The Great Light

Parashat Shoftim 5778

Meir Sendor

We’ve admired Koolulam for some time now. It’s a group of talented musicians who arrange ad hoc choral singing experiences on a vast scale for anyone who wants to join, in cities and towns all around Israel.  A thousand and more people come together in a large venue, get organized into sopranos, altos and baritones, learn their harmonizing parts to a popular, spiritually uplifting song and then sing it together in powerful performance, all in two hours. What’s most inspiring about Koolulam is the way they bring together people from all parts of Israeli society – secular and religious Jews, Christians and Muslims all united in song. The founders say they themselves were inspired by witnessing thousands of Jews singing together at the Kotel on Yom Kippur and thought how wonderful it would be to bring this unifying experience to all Israelis.

So when we heard that Koolulam was coming to Bet She’an, which is a reasonable distance from Tzfat, we signed up right away (the tickets sell out quickly) and went the other day with our eldest granddaughter.

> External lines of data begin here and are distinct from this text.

-- ===== src/RangeMap/Erase.antt =====
-- range_map.hpp: `erase(l, r)`, which takes every value off `[l, r)` and keeps the others.
mod Steps
mod OneRound
use mathlib.Core.Path.{subst}
use efiperun_mod.Prelude.{
  ℕ, zero, suc, ◌+◌, ◌≡◌, ◌≤◌, ◌<◌, refl, ap, ◌∙◌, Bool, true, false, ◌&&◌, ◌||◌, Option, none,
  some, List, [], ◌∷◌, ltb, leb, ◌==◌, if◌then◌else◌, arith, length, inl, inr, Bool-cases, ltb→lt,
  lt→ltb, ==_iff, Eq,
}
use efiperun_mod.RangeMap.{
  Entry, Map, Place, Round, leave, again, entry, rejoin, from_point, inject, map_emplace, erase_key,
  erase_round, erase_loop, erase_range,
}
use efiperun_mod.RangeMap.Intervals.{
  within, view, IsFrom, bound, view-eq-none_below, IsUpto-mono, IsFrom-mono, map_emplace-rejoin,
  erase_key-rejoin,
}
use efiperun_mod.RangeMap.Lookup.{view-Holds, view_inside}
use efiperun_mod.RangeMap.Insert.{
  Updates, rejoin-Updates, rejoin-erase-Updates, IsInserted, map_emplace-fresh,
}
use efiperun_mod.RangeMap.Inject.{inject-IsInserted}
use efiperun_mod.RangeMap.Pending.{
  IsNext, NextFrom, from_point-NextFrom, view-IsNext, pending, pending-le-length, pending_falls,
}
use efiperun_mod.RangeMap.Erase.Steps.{IsClear}
use efiperun_mod.RangeMap.Erase.OneRound.{RoundKeeps, erase_round-RoundKeeps}

module _ {V : Type 0} ⦃veq : Eq V⦄ where
  -- an entry of `m` starts at `l` and ends after `r`
  unfoldable pub overhangs : ℕ → ℕ → Map V → Bool
  overhangs l r [] = false
  overhangs l r (e ∷ m) = (e.left == l && ltb r e.right) || overhangs l r m

  -- past the first round no entry starts at `l`
  later_fits :
      (l r next : ℕ) (m : Map V)
      → IsClear l next m
      → l < next
      → (b : List (Entry V)) (e : Entry V) (a : List (Entry V)) → IsNext next m (b, e, a)
      → e.left ≡ l
      → e.right ≤ r
  later_fits l r next m c lt b e a w at =
      let found =
        view-Holds l m (b, e, a)
          (record {
            whole = w.whole;
            upto = w.upto;
            rest = w.rest;
            inside = (omega arith, omega (arith, w.reaches));
          }) in
      let gone = c.clear l (omega arith) lt in absurd (cc (found, gone))

  pub erase_loop-leave :
      (fuel l r next : ℕ) (m m' : Map V)
      → erase_round l r m (from_point next m) ≡ leave m'
      → erase_loop (suc fuel) l r next m ≡ some m'
  unfolding erase_loop
  erase_loop-leave fuel l r next m m' e = rw (e, erase_loop)

  erase_loop-again :
      (fuel l r next next' : ℕ) (m m' : Map V)
      → erase_round l r m (from_point next m) ≡ again next' m'
      → erase_loop (suc fuel) l r next m ≡ erase_loop fuel l r next' m'
  unfolding erase_loop
  erase_loop-again fuel l r next next' m m' e = rw (e, erase_loop)

  -- With more fuel than entries are pending the loop ends, with exactly `[l, r)` taken off.
  erase_loop-Updates :
      (fuel l r next : ℕ) (m : Map V)
      → l < r
      → IsClear l next m
      → ((b : List (Entry V)) (e : Entry V) (a : List (Entry V))
          → IsNext next m (b, e, a)
          → e.left ≡ l
          → e.right ≤ r)
      → pending next m < fuel
      → (m' : Map V) × (erase_loop fuel l r next m ≡ some m') × Updates l r none m m'
  erase_loop-Updates zero l r next m lt c fits h = absurd (omega arith)
  erase_loop-Updates (suc fuel) l r next m lt c fits h =
      after (erase_round l r m (from_point next m))
        (erase_round-RoundKeeps l r next m (from_point next m) lt c
          (from_point-NextFrom next m c.ordered) fits)
        (λ next' m' c' lt' k.
          erase_loop-Updates fuel l r next' m' lt c' (later_fits l r next' m' c' lt') k)
        refl
    where
      after :
          (t : Round V)
          → RoundKeeps l r next m t
          → ((next' : ℕ) (m' : Map V)
              → IsClear l next' m'
              → l < next'
              → pending next' m' < fuel
              → (n : Map V) × (erase_loop fuel l r next' m' ≡ some n) × Updates l r none m' n)
          → erase_round l r m (from_point next m) ≡ t
          → (n : Map V) × (erase_loop (suc fuel) l r next m ≡ some n) × Updates l r none m n
      after (leave m') keeps rec e = (m', erase_loop-leave fuel l r next m m' e, keeps)
      after (again next' m') keeps rec e =
          let (clear, on, falls, stays) = keeps in
          let (n, run, u) = rec next' m' clear on (omega arith) in
          (
            n,
            erase_loop-again fuel l r next next' m m' e ∙ run,
            record { ordered = u.ordered; reads = λ q. u.reads q ∙ stays q },
          )

  overhangs-rejoin :
      (l r : ℕ) (b a : List (Entry V))
      → overhangs l r (rejoin b a) ≡ false
      → overhangs l r a ≡ false
  unfolding overhangs rejoin
  overhangs-rejoin l r [] a h = h
  overhangs-rejoin l r (p ∷ b) a h = ground (arith, overhangs-rejoin l r b (p ∷ a) h)

  fits_place :
      (l r : ℕ) (m : Map V)
      → overhangs l r m ≡ false
      → (b : List (Entry V)) (e : Entry V) (a : List (Entry V)) → IsNext l m (b, e, a)
      → e.left ≡ l
      → e.right ≤ r
  fits_place l r m h b e a w at =
      let here = overhangs-rejoin l r b (e ∷ a) (rw w.whole h) in unfold overhangs in ground arith

  -- On a well-formed map with no interval that starts at `l` and ends after `r`, `erase(l, r)` ends,
  -- takes every value off `[l, r)`, keeps the values of all other points, and leaves the map
  -- well-formed.
  pub erase_range-Updates :
      (l r : ℕ) (m : Map V)
      → IsFrom 0 m
      → overhangs l r m ≡ false
      → (m' : Map V) × (erase_range l r m ≡ some m') × Updates l r none m m'
  unfolding erase_range
  erase_range-Updates l r m f h = elim (Bool-cases (leb r l)) [
    | inl t ↦ rw t (m, refl, record { ordered = f; reads = λ q. ground arith })
    | inr t ↦ rw t (
        erase_loop-Updates (suc (length m)) l r l m (ground arith)
          (record { ordered = f; from = omega arith; clear = λ q lo hi. absurd (omega arith) })
          (fits_place l r m h) (omega (arith, pending-le-length l m)))
  ]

We went to a late afternoon performance rather than the one in the evening, so it was packed with families – an exuberant crowd of around one thousand five hundred parents and children in a large theater. I was assigned to the baritones and was really impressed with the way our music director and his pianist got our rambunctious group to learn our part in such a short time. He began by saying: “the beginning of music is silence and listening.” Rebbe Nachman of Breslov says this about song in Likkutei Mohara”n (1:64). The director then asked us to turn to the people next to us and “introduce yourselves.” I happened to be standing next to two brothers, probably about seven and five, who were tussling and whacking away at each other, but the moment the music director said “introduce yourselves” the older one stopped, turned to me, put out his hand politely and said “Shalom, ani Amir.” Musick hath charms to soothe the savage brats. We learned to listen carefully to each other and not just belt out the song but sing it artfully together, feeling how the music propels the words. Then all the groups joined together in the enormous theater and the conductor, Ben Yefet, a man of boundless energy and a soul of pure music, brought all the voices together in a tightly, elegantly interwoven three-part harmony in several takes, each more musically expressive, until we got one that was a wrap. It really is a marvel the way an enormous group of former strangers can come together and quickly attune to each other so tightly and create something beautiful together. At the end, the whole one thousand five hundred men, women, and children erupted in a thunderous cheer.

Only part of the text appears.